Я находился посередине. Сын советского посла, я по своему происхождению был классовым врагом не только метропольских радикалов, но и Трифонова, Аксенова — всех тех, у кого репрессировали семью. С другой стороны, я был единственным европейцем в «Метрополе», женатом на польской красавице, говорящим на нескольких языках и знающим Запад не понаслышке.

Я любил реальный Запад, с его красотами и ошибками, а не Запад как земной рай, каким он казался моим бунтующим в «Метрополе» друзьям.
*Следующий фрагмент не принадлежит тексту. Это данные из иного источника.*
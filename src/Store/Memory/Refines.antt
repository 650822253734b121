-- ===== src/Store/Memory/Refines.antt =====
-- A store in memory is the map that its changes describe, and finds its jobs.
use slurm_async_runner.Prelude.{
  ℕ, List, [], ◌∷◌, Option, none, some, true, if◌then◌else◌, ◌==◌, ok, ◌≡◌, refl, ap, arith,
  Bool-cases, inl, inr,
}
use slurm_async_runner.Store.{JobSnapshot, find, is_job, find_by_jobid}
use slurm_async_runner.Store.Memory.{
  Entries, lookup, insert, remove, values, IsMap, insert-IsMap, remove-IsMap, lookup-insert,
  lookup-remove, in_memory, Change, saved, deleted, after,
}

module _ {S : Type 0} (shape : JobSnapshot S) where
  -- The changes as updates of a function from uuids.
  pub replay : List (Change shape) → (ℕ → Option S) → ℕ → Option S
  replay [] f = f
  replay (saved s ∷ cs) f = replay cs (λ u. if u == shape.uuid s then some s else f u)
  replay (deleted v ∷ cs) f = replay cs (λ u. if u == v then none else f u)

  -- Each snapshot stands under its own uuid, and no uuid has two.
  abbrev pub IsKeyed : Entries S → Type 0
  IsKeyed [] = Unit {0}
  IsKeyed ((u, s) ∷ m) = (shape.uuid s ≡ u) × IsKeyed m

  abbrev pub IsValid : Entries S → Type 0
  IsValid m = IsMap m × IsKeyed m

  remove-IsKeyed : (u : ℕ) (m : Entries S) → IsKeyed m → IsKeyed (remove u m)
  unfolding remove
  remove-IsKeyed u [] h = tt
  remove-IsKeyed u ((v, s) ∷ m) h = ground (arith, remove-IsKeyed u m h.1)

  pub save-IsValid : (s : S) (m : Entries S) → IsValid m → IsValid ((in_memory shape).save s m).1
  unfolding insert
  save-IsValid s m h =
      (insert-IsMap (shape.uuid s) s m h.0, (refl, remove-IsKeyed (shape.uuid s) m h.1))

  pub delete-IsValid :
      (u : ℕ) (m : Entries S) → IsValid m → IsValid ((in_memory shape).delete u m).1
  delete-IsValid u m h = (remove-IsMap u m h.0, remove-IsKeyed u m h.1)

  reads_as_replay :
      (cs : List (Change shape)) (m : Entries S) (f : ℕ → Option S)
      → IsValid m
      → ((u : ℕ) → lookup u m ≡ f u)
      → IsValid (after shape cs m) × ((u : ℕ) → lookup u (after shape cs m) ≡ replay cs f u)
  unfolding after replay
  reads_as_replay [] m f h same = (h, same)
  reads_as_replay (saved s ∷ cs) m f h same =
      reads_as_replay cs (insert (shape.uuid s) s m)
        (λ u. if u == shape.uuid s then some s else f u) (save-IsValid s m h)
        (λ u. rw (lookup-insert u (shape.uuid s) s m, same u) refl)
  reads_as_replay (deleted v ∷ cs) m f h same =
      reads_as_replay cs (remove v m) (λ u. if u == v then none else f u) (delete-IsValid v m h)
        (λ u. rw (lookup-remove u v m, same u) refl)

  -- Any sequence of saves and deletes on a new store leaves each snapshot under its own uuid and no
  -- uuid twice, and a load of any uuid returns what the last change of that uuid left: the snapshot
  -- that was saved, or nothing.
  pub in_memory_refines :
      (cs : List (Change shape)) (u : ℕ)
      → IsValid (after shape cs [])
        × (((in_memory shape).load u (after shape cs [])).0 ≡ ok (replay cs (λ v. none) u))
  in_memory_refines cs u =
      let (valid, same) = reads_as_replay cs [] (λ v. none) (tt, tt) (λ v. unfold lookup in refl) in
      (valid, ap ok (same u))

  find_later :
      (j v : ℕ) (t : S) (m : Entries S) (s : S)
      → lookup v m ≡ none
      → lookup (shape.uuid s) m ≡ some s
      → lookup (shape.uuid s) ((v, t) ∷ m) ≡ some s
  unfolding lookup
  find_later j v t m s fresh found = ground arith

  find-values :
      (j u : ℕ) (m : Entries S) (s : S)
      → IsValid m
      → lookup u m ≡ some s
      → is_job j (shape.jobid s) ≡ true
      → (t : S) × (find (λ x. is_job j (shape.jobid x)) (values m) ≡ some t)
        × (lookup (shape.uuid t) m ≡ some t)
        × (is_job j (shape.jobid t) ≡ true)
  unfolding lookup values
  find-values j u [] s h found is = absurd (cc)
  find-values j u ((v, t) ∷ m) s h found is = elim (Bool-cases (is_job j (shape.jobid t))) [
    | inl e ↦ (t, rw e refl, ground arith, e)
    | inr n ↦ elim (Bool-cases (u == v)) [
      | inl e ↦ absurd (ground arith)
      | inr e ↦
          let (x, p, q, r) = find-values j u m s (h.0.1, h.1.1) (ground arith) is in
          (x, rw (n, p) refl, find_later j v t m x h.0.0 q, r)
    ]
  ]

  -- A job that has a snapshot in a valid store is found by its number: the result is a stored snapshot
  -- of that job.
  pub find_by_jobid-in_memory :
      (j u : ℕ) (m : Entries S) (s : S)
      → IsValid m
      → lookup u m ≡ some s
      → is_job j (shape.jobid s) ≡ true
      → (t : S) × ((find_by_jobid shape (in_memory shape) j m).0 ≡ ok (some t))
        × (lookup (shape.uuid t) m ≡ some t)
        × (is_job j (shape.jobid t) ≡ true)
  unfolding find_by_jobid
  find_by_jobid-in_memory j u m s h found is =
      let (t, p, q, r) = find-values j u m s h found is in (t, ap ok p, q, r)
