-- ===== src/Tests.antt =====
-- Runs of the theorems at concrete inputs.
mod Options
mod Runner
mod Handle
mod Cache
mod Export
pub mod Json
mod Stores
mod Submit
mod Tssrun
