-- ===== src/Tests/Cache.antt =====
-- The theorems on the query cache, applied to the squeue shape; the world counts the commands.
use slurm_async_runner.Prelude.{ℕ, ◌+◌, List, [], ◌∷◌, none, some, ok, ◌≡◌, refl, arith}
use slurm_async_runner.Prelude.Text.{Text, codes, split, split_once, text_eq}
use slurm_async_runner.Prelude.Number.{parse_uint}
use slurm_async_runner.Prelude.Int.{pos}
use slurm_async_runner.Dispatcher.{CaptureOutput, Capture}
use slurm_async_runner.Runner.{csv_join}
use slurm_async_runner.Runner.Query.{squeue_argv, task_key, sacct_exit_argv}
use slurm_async_runner.Sbatch.QueryCache.Sacct.{parse_sacct_argv-built}
use slurm_async_runner.Sbatch.QueryCache.Layers.{
  Layered, sacct_batched, handle_dispatcher, handle_dispatcher-sacct,
}
use slurm_async_runner.Sbatch.QueryCache.{Cached, capture}
use slurm_async_runner.Sbatch.QueryCache.Laws.{
  IsServed, capture-IsServed, capture-single_flight, capture-uncached,
}
use slurm_async_runner.Sbatch.QueryCache.Squeue.{
  JobKey, plain, array_task, parse_argv, parse_csv, parse_key, squeue_shape,
  squeue_shape-SameIsEquality, parse_argv-squeue_argv,
}

abbrev answer : CaptureOutput
answer = record { exit_code = pos 0; stdout = codes "7 RUNNING None"; stderr = [] }

abbrev inner : Capture ℕ
inner argv w = (ok answer, w + 1)

abbrev empty : Cached JobKey ℕ
empty = record { slot = record { entry = none; recent = [] }; world = 0 }

abbrev ask_7 : List Text
ask_7 =
    codes "squeue"
    ∷ codes "-h"
    ∷ codes "-r"
    ∷ codes "-j"
    ∷ codes "7"
    ∷ codes "-o"
    ∷ codes "%i %T %r"
    ∷ []

abbrev ask_7_8 : List Text
ask_7_8 =
    codes "squeue"
    ∷ codes "-h"
    ∷ codes "-r"
    ∷ codes "-j"
    ∷ codes "7,8_2"
    ∷ codes "-o"
    ∷ codes "%i %T %r"
    ∷ []

asked_7 : parse_argv ask_7 ≡ some (plain 7 ∷ [])
unfolding parse_argv parse_csv parse_key split split_once text_eq parse_uint
asked_7 = refl

asked_7_8 : parse_argv ask_7_8 ≡ some (plain 7 ∷ array_task 8 2 ∷ [])
unfolding parse_argv parse_csv parse_key split split_once text_eq parse_uint
asked_7_8 = refl

capture-IsServed_example :
    IsServed squeue_shape squeue_shape-SameIsEquality
      (λ w. w)
      5
      inner
      (plain 7 ∷ array_task 8 2 ∷ [])
      empty
      (capture squeue_shape (λ w. w) 5 inner ask_7_8 empty)
capture-IsServed_example =
    capture-IsServed squeue_shape squeue_shape-SameIsEquality (λ w. w) 5 inner ask_7_8
      (plain 7 ∷ array_task 8 2 ∷ []) empty tt asked_7_8

capture-single_flight_example :
    ((capture squeue_shape
        (λ w. w)
        5
        inner
        ask_7
        (capture squeue_shape (λ w. w) 5 inner ask_7_8 empty).1).1.world
      ≡ (capture squeue_shape (λ w. w) 5 inner ask_7_8 empty).1.world)
    × ((out : CaptureOutput)
        → (capture squeue_shape (λ w. w) 5 inner ask_7_8 empty).0 ≡ ok out
        → (capture squeue_shape
            (λ w. w)
            5
            inner
            ask_7
            (capture squeue_shape (λ w. w) 5 inner ask_7_8 empty).1).0
          ≡ ok out)
capture-single_flight_example =
    capture-single_flight squeue_shape squeue_shape-SameIsEquality (λ w. w) 5 inner ask_7_8 ask_7
      (plain 7 ∷ array_task 8 2 ∷ []) (plain 7 ∷ []) empty (omega arith) asked_7_8 asked_7 refl

capture-uncached_example :
    ((capture squeue_shape (λ w. w) 0 inner ask_7 empty).0 ≡ ok answer)
    × ((capture squeue_shape (λ w. w) 0 inner ask_7 empty).1.world ≡ 1)
capture-uncached_example =
    capture-uncached squeue_shape squeue_shape-SameIsEquality (λ w. w) inner ask_7 (plain 7 ∷ [])
      empty asked_7

parse_argv-squeue_argv_example :
    (parse_argv (squeue_argv (csv_join (7 ∷ 9 ∷ []))) ≡ some (plain 7 ∷ plain 9 ∷ []))
    × (parse_argv (squeue_argv (task_key 8 2)) ≡ some (array_task 8 2 ∷ []))
parse_argv-squeue_argv_example =
    parse_argv-squeue_argv (7 ∷ 9 ∷ []) 8 2 refl (omega arith, (omega arith, tt)) (omega arith)
      (omega arith)

abbrev no_entries : Layered ℕ
no_entries = record {
  slot = record { entry = none; recent = [] };
  world = record {
    slot = record { entry = none; recent = [] };
    world = record { slot = record { entry = none; recent = [] }; world = 0 };
  };
}

handle_dispatcher-sacct_example :
    ((handle_dispatcher (λ w. w) 60 inner (sacct_exit_argv (csv_join (7 ∷ []))) no_entries).0
      ≡ (sacct_batched
          (λ w. w)
          60
          inner
          (sacct_exit_argv (csv_join (7 ∷ [])))
          no_entries.world.world).0)
    × ((handle_dispatcher
          (λ w. w)
          60
          inner
          (sacct_exit_argv (csv_join (7 ∷ [])))
          no_entries).1.world.world
        ≡ (sacct_batched
            (λ w. w)
            60
            inner
            (sacct_exit_argv (csv_join (7 ∷ [])))
            no_entries.world.world).1)
    × ((handle_dispatcher (λ w. w) 60 inner (sacct_exit_argv (csv_join (7 ∷ []))) no_entries).1.slot
        ≡ no_entries.slot)
    × ((handle_dispatcher
          (λ w. w)
          60
          inner
          (sacct_exit_argv (csv_join (7 ∷ [])))
          no_entries).1.world.slot
        ≡ no_entries.world.slot)
handle_dispatcher-sacct_example =
    handle_dispatcher-sacct (λ w. w) 60 inner (sacct_exit_argv (csv_join (7 ∷ []))) (plain 7 ∷ [])
      no_entries
      (parse_sacct_argv-built (7 ∷ []) (plain 7 ∷ []) refl (omega arith, tt) refl
        (omega arith, tt)).0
Я принимал и не принимал взвешенную позицию Трифонова. Я был непоследовательным в своем желании и нежелании печататься в подцензурных журналах, вести подцензурную писательскую жизнь. Но у меня получались рассказы, которые не лезли ни в какие цензурные ворота. Для традиции русской литературы я был ультразвуком.
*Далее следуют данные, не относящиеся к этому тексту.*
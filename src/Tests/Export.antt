-- ===== src/Tests/Export.antt =====
-- The theorem on the exported environment, applied to one.
use mathlib.Core.List.{Perm}
use slurm_async_runner.Prelude.{List, [], ◌∷◌, map, All, some, ok, ◌≡◌}
use slurm_async_runner.Prelude.{arith}
use slurm_async_runner.Prelude.Text.{Text, codes, split, split_once}
use slurm_async_runner.Sbatch.Cmd.{render_export, show_entry}
use slurm_async_runner.Sbatch.Cmd.Export.{EntryIsValid, IsOrdered, render_export_lem}

abbrev two_entries : List (Text × Text)
two_entries = (codes "B", codes "2") ∷ (codes "A", codes "1") ∷ []

two_entries_valid : All EntryIsValid two_entries
two_entries_valid = (
  record {
    key_comma = omega arith;
    key_equals = omega arith;
    value_comma = omega arith;
    value_equals = omega arith;
  },
  (
    record {
      key_comma = omega arith;
      key_equals = omega arith;
      value_comma = omega arith;
      value_equals = omega arith;
    },
    tt,
  ),
)

render_export_example :
    (text : Text) × (sorted : List (Text × Text)) × (render_export two_entries ≡ ok text)
    × Perm sorted two_entries
    × IsOrdered sorted
    × (split b',' text ≡ codes "ALL" ∷ map show_entry sorted)
    × All (λ e. split_once b'=' (show_entry e) ≡ some e) sorted
render_export_example = render_export_lem two_entries two_entries_valid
В 1978 году я придумал «Метрополь» в съемной квартирке напротив Ваганьковского кладбища, где теперь похоронены мама и папа, и набросал в записной книжке предполагаемый список авторов. Трифонова там нет. Мой литературный заговор радикализировал меня, превратил в литературного подпольщика. Впрочем, в этом подполье роль Достоевского была не менее значимой, чем нелюбовь к советской власти.

С позиции молодого подпольщика (совратившего Аксенова идеей бесцензурного альманаха, благодаря которой обожаемый мною Вася стал капитаном «Метрополя») я не верил, что Трифонов войдет в наш заговор. Его литературный стиль был заношенным до дыр реализмом. На фоне создателей новых стилей — Кабакова и Шнитке, тогдашних московских жителей, моих истинных кумиров — Трифонов был носителем общей формы.

Недавно я взялся его перечитывать. Я волновался. Не хотелось разгромить ощущение трепета, с которым я брал когда-то «Новый мир» с его прозой. Я выбрал «Дом на набережной».

А тогда, когда Аксенов сказал мне, что пойдет к Трифонову предложить участие в «Метрополе», я разволновался совсем по другому поводу. Участие Трифонова могло быть очень сильным аргументом в пользу нашего дела. Еще более важным, чем согласившийся Искандер.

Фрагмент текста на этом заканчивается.